WHAT YOU HAVE TO DO> In the records below, begin at the line containing "unfoldable pub send : J → Stage J → Stage J" and end at the line containing "count f (j ∷ js) = let"; quote every line in that span exactly, including both boundary lines, and no others.

Stored data entries

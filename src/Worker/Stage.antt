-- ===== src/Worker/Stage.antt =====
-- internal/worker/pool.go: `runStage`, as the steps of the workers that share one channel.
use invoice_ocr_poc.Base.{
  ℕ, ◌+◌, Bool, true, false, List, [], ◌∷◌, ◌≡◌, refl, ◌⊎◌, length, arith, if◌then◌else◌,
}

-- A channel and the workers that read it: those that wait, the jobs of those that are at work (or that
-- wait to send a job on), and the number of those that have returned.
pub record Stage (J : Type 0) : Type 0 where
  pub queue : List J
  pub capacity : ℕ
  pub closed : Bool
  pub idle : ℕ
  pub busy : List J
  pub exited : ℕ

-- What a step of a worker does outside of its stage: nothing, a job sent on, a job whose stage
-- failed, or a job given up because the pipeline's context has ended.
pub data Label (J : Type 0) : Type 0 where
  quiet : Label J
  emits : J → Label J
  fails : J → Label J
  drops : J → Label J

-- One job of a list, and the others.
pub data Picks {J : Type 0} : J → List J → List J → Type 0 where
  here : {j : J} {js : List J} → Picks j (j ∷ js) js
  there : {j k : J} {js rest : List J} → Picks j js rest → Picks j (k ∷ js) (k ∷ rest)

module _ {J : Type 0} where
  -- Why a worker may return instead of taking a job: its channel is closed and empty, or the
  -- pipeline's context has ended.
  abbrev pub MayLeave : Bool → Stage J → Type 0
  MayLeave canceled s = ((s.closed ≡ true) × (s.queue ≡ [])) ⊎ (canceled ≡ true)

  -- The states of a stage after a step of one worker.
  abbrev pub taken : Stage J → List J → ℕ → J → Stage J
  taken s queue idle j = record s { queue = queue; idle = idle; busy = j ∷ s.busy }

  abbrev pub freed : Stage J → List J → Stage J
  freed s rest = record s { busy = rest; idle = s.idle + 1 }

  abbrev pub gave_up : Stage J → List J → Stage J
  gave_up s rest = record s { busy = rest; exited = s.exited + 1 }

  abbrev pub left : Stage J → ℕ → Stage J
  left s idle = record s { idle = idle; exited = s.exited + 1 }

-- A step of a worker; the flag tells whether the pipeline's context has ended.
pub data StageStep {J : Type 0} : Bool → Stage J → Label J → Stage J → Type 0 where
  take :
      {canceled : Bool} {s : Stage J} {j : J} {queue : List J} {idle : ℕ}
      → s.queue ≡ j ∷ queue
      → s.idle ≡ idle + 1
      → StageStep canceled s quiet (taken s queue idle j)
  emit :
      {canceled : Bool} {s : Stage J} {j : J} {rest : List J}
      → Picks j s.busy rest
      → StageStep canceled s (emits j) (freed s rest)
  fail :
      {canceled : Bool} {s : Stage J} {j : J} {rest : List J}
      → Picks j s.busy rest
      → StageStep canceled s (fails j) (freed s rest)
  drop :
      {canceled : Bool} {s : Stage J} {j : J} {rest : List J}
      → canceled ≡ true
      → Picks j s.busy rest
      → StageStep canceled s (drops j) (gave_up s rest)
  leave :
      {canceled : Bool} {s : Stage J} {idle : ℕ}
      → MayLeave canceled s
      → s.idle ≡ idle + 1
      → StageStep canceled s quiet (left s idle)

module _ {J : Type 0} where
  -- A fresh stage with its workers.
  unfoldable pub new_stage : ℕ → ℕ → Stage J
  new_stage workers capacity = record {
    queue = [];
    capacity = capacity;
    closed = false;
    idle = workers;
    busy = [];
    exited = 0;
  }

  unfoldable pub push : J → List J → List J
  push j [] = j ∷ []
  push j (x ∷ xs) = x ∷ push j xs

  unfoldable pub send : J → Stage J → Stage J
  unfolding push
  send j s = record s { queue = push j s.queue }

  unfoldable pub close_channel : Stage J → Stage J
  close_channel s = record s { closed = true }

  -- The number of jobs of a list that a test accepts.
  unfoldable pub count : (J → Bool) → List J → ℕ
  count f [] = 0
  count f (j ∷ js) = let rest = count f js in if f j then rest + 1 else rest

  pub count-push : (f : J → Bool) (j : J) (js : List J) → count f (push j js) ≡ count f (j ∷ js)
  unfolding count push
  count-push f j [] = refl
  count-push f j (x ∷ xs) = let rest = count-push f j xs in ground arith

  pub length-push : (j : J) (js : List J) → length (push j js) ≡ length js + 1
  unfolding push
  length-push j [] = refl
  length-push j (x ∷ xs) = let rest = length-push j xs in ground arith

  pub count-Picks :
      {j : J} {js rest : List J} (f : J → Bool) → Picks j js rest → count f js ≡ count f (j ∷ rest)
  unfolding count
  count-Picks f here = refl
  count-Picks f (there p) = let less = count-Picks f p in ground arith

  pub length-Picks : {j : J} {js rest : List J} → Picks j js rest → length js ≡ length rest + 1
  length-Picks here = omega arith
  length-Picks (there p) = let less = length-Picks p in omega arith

SOLUTION TO THIS EXERCISE>
  unfoldable pub send : J → Stage J → Stage J
  unfolding push
  send j s = record s { queue = push j s.queue }

  unfoldable pub close_channel : Stage J → Stage J
  close_channel s = record s { closed = true }

  -- The number of jobs of a list that a test accepts.
  unfoldable pub count : (J → Bool) → List J → ℕ
  count f [] = 0
  count f (j ∷ js) = let rest = count f js in if f j then rest + 1 else rest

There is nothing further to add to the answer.